Once, he was accused of streaking naked through the apartment complex where he lived; only when it was proven that David was at work at the time of the incident did police discover the true offender: David’s roommate. For a time, the ugliness of the whole thing had David deeply depressed. Then one day, he called me. “Sis,” he said, “I’m never living with anyone again. I’m a confirmed bachelor.”
After I got through laughing, I thought: David, you are the most resilient person on the planet.

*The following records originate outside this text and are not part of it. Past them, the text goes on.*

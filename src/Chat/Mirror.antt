-- ===== src/Chat/Mirror.antt =====
-- What the calls that client/src/store/chatStore.ts sends do to the archive of
-- client/electron/archive.ts: the two stores seen together.
use mathlib.Core.List.{foldl, reverse-cons, foldl-append, map-append}
use mathlib.Core.Path.{fun_ext}
use dfchat.Common.{
  ℕ, String, ◌≡◌, refl, sym, ap, ◌∙◌, Bool, false, not, ◌&&◌, Option, none, some, List, [], ◌∷◌,
  map, reverse, arith, if◌then◌else◌, ◌==◌, keep, length, nat_eq, Bool-cases, Option-cases, inl,
  inr,
}
use dfchat.Types.{ChatMessage}
use dfchat.Archive.{Cipher, JsonText}
use dfchat.Archive.RoundTrip.{normal}
use dfchat.Archive.Api.{Archive}
use dfchat.Archive.Refinement.{
  View, Write, append, drop_id, spec, written, view, IsOpen, exec_all, exec_all-view,
}
use dfchat.Chat.{
  Client, ArchiveCall, remove, ParseDate, is_past_authority_window, cache_messages, archive_append,
  archive_remove, set_conv, to_archived,
}
use dfchat.Chat.Messages.{
  is_id, conv_of, write_at_id, replace_message, mirror_removal, remove_message,
}
use dfchat.Chat.Lists.{write_at_id_cases}
use dfchat.Chat.Authority.{shown}

-- The write of the archive behind a call, with the nonce that it draws.
abbrev pub to_write : {c : Cipher} → c.Iv → ArchiveCall → Write c
to_write iv (ArchiveCall.append m) = append iv m
to_write iv (remove id) = drop_id id

-- What the archive shows after the calls, of which the latest stands first.
unfoldable pub played : List ArchiveCall → View → View
played [] v j = v j
played (ArchiveCall.append m ∷ calls) v j =
    if m.id == j then some (written (normal m) (played calls v j)) else played calls v j
played (remove id ∷ calls) v j = if id == j then none else played calls v j

played-cons :
    (c : Cipher) (iv : c.Iv) (k : ArchiveCall) (calls : List ArchiveCall) (v : View)
    → played (k ∷ calls) v ≡ spec {c = c} (to_write {c = c} iv k) (played calls v)
unfolding played spec
played-cons c iv (ArchiveCall.append m) calls v = fun_ext λ j. refl
played-cons c iv (remove id) calls v = fun_ext λ j. refl

played-foldl :
    (c : Cipher) (iv : c.Iv) (calls : List ArchiveCall) (v : View)
    → foldl (λ v w. spec {c = c} w v) v (map (to_write {c = c} iv) (reverse calls)) ≡ played calls v
unfolding played
played-foldl c iv [] v = refl
played-foldl c iv (k ∷ calls) v =
    let play = λ (u : View) (w : Write c). spec {c = c} w u in
    let writes = map (to_write {c = c} iv) (reverse calls) in
    ap (λ l. foldl play v (map (to_write {c = c} iv) l)) (reverse-cons k calls)
    ∙ ap (foldl play v) (map-append (to_write {c = c} iv) (reverse calls) (k ∷ []))
    ∙ foldl-append play v writes (to_write {c = c} iv k ∷ [])
    ∙ ap (spec {c = c} (to_write {c = c} iv k)) (played-foldl c iv calls v)
    ∙ sym (played-cons c iv k calls v)

-- The calls that the chat store has sent, carried out in their order by an open archive with readable
-- rows, all succeed, and leave in it for every message id what `played` says.
pub exec_all-played :
    {c : Cipher} {Blob : Type 0} (js : JsonText) (key : c.Key) (iv : c.Iv)
    (calls : List ArchiveCall) (a : Archive c Blob)
    → IsOpen {c = c} js key a
    → (b : Archive c Blob) × (exec_all {c = c} js key (map (to_write {c = c} iv) (reverse calls)) a
        ≡ some b)
      × IsOpen {c = c} js key b
      × ((j : String) → view {c = c} js key b.rows j ≡ played calls (view {c = c} js key a.rows) j)
exec_all-played {c} js key iv calls a h =
    let writes = map (to_write {c = c} iv) (reverse calls) in
    let (b, done, open_b, same) = exec_all-view {c = c} js key writes a h in
    (
      b,
      done,
      open_b,
      λ j. same j ∙ ap (λ v. v j) (played-foldl c iv calls (view {c = c} js key a.rows)),
    )

-- The calls that the effects send.
pub calls-cache_messages :
    (k : String) (ms : List ChatMessage) (c : Client)
    → (cache_messages k ms c).archive_calls ≡ c.archive_calls
unfolding cache_messages
calls-cache_messages k ms c = ground arith

pub calls-stored :
    (k : String) (ms : List ChatMessage) (c : Client)
    → (set_conv k ms (cache_messages k ms c)).archive_calls ≡ c.archive_calls
unfolding set_conv
calls-stored k ms c = calls-cache_messages k ms c

calls-write_at_id :
    (k id : String) (f : ChatMessage → ChatMessage) (xs : List ChatMessage) (c : Client)
    → (write_at_id k id f xs c).archive_calls ≡ c.archive_calls
calls-write_at_id k id f xs c = elim (write_at_id_cases k id f xs c) [
  | inl e ↦ rw e refl
  | inr (i, old, at, same, e) ↦ rw e (calls-stored k _ c)
]

pub played-archive_append :
    (m : ChatMessage) (c : Client) (v : View) (j : String)
    → played (archive_append m c).archive_calls v j ≡ (
        if c.has_archive && (m.id == j)
        then some (written (normal (to_archived m)) (played c.archive_calls v j))
        else played c.archive_calls v j)
unfolding archive_append played to_archived
played-archive_append m c v j = ground arith

played-archive_remove :
    (id : String) (c : Client) (v : View) (j : String)
    → played (archive_remove id c).archive_calls v j
      ≡ (if c.has_archive && (id == j) then none else played c.archive_calls v j)
unfolding archive_remove played
played-archive_remove id c v j = ground arith

-- An edit or a recall stores the message of the event in the archive, over an older copy, if the
-- creation time that it carries is within the horizon, whether the message is shown or not; past the
-- horizon the archive is as it was.
pub played-replace_message :
    (d : ParseDate) (now : ℕ) (m : ChatMessage) (c : Client) (v : View) (j : String)
    → played (replace_message d now m c).archive_calls v j ≡ (
        if not (is_past_authority_window d now m.created_at) && (c.has_archive && (m.id == j))
        then some (written (normal (to_archived m)) (played c.archive_calls v j))
        else played c.archive_calls v j)
unfolding replace_message
played-replace_message d now m c v j =
    elim (Bool-cases (is_past_authority_window d now m.created_at)) [
      | inl past ↦ rw past refl
      | inr recent ↦
          let sent = archive_append m c in
          rw recent (elim (Option-cases (conv_of m.conversation_id sent)) [
            | inl e ↦ rw e (played-archive_append m c v j)
            | inr (xs, e) ↦
                rw (e, calls-write_at_id m.conversation_id m.id (λ old. m) xs sent)
                  (played-archive_append m c v j)
          ])
    ]

-- A message within the horizon.
abbrev pub is_recent : ParseDate → ℕ → Option ChatMessage → Bool
is_recent d now none = false
is_recent d now (some m) = not (is_past_authority_window d now m.created_at)

played-mirror_removal :
    (d : ParseDate) (now : ℕ) (id : String) (o : Option ChatMessage) (c : Client) (v : View)
    (j : String)
    → played (mirror_removal d now id o c).archive_calls v j ≡ (
        if is_recent d now o && (c.has_archive && (id == j))
        then none
        else played c.archive_calls v j)
played-mirror_removal d now id none c v j = refl
played-mirror_removal d now id (some m) c v j = ground (arith, played-archive_remove id c v j)

-- A removal drops the archive's copy only of a message that is shown and within the horizon. The copy
-- of one past it, or of one that is not in memory, stays.
pub played-remove_message :
    (d : ParseDate) (now : ℕ) (k id : String) (c : Client) (v : View) (j : String)
    → played (remove_message d now k id c).archive_calls v j ≡ (
        if is_recent d now (shown k id c) && (c.has_archive && (id == j))
        then none
        else played c.archive_calls v j)
unfolding remove_message
played-remove_message d now k id c0 v j =
    let c = mirror_removal d now id (shown k id c0) c0 in
    let mirrored = played-mirror_removal d now id (shown k id c0) c0 v j in
    elim (Option-cases (conv_of k c)) [
      | inl e ↦ rw (e, remove_message) mirrored
      | inr (xs, e) ↦
          let next = keep (λ m. not (is_id id m)) xs in
          rw (e, remove_message)
            (elim (Bool-cases (nat_eq (length next) (length xs))) [
              | inl all_kept ↦ rw all_kept mirrored
              | inr fewer ↦ rw (fewer, calls-stored k next c) mirrored
            ])
    ]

I reminded him of all this as I sat on his bed, but he was inconsolable. And for the next few weeks, reports from staff were dismal: he was sleeping too much; he kept complaining he was sick; he was mean.
Worst of all, when I called to talk to him, he was horrible to me. So I decided to let some time pass. Then, this morning, I called again.
A nurse answered his phone. “David Millstone’s room,” she said. I could hear by the lightness in her voice that just saying his name made her smile.
I asked where he was. “He’s over at bingo,” she said. “He loves him his bingo.”
“You sound like you like him,” I said.
“Like him?” she asked. “Everyone here LOVES him!”
“Thank you,” I said. “Happy holidays.”
And I hung up before she could hear my tears. Tears of gratitude. Tears of amazement. Tears of joy.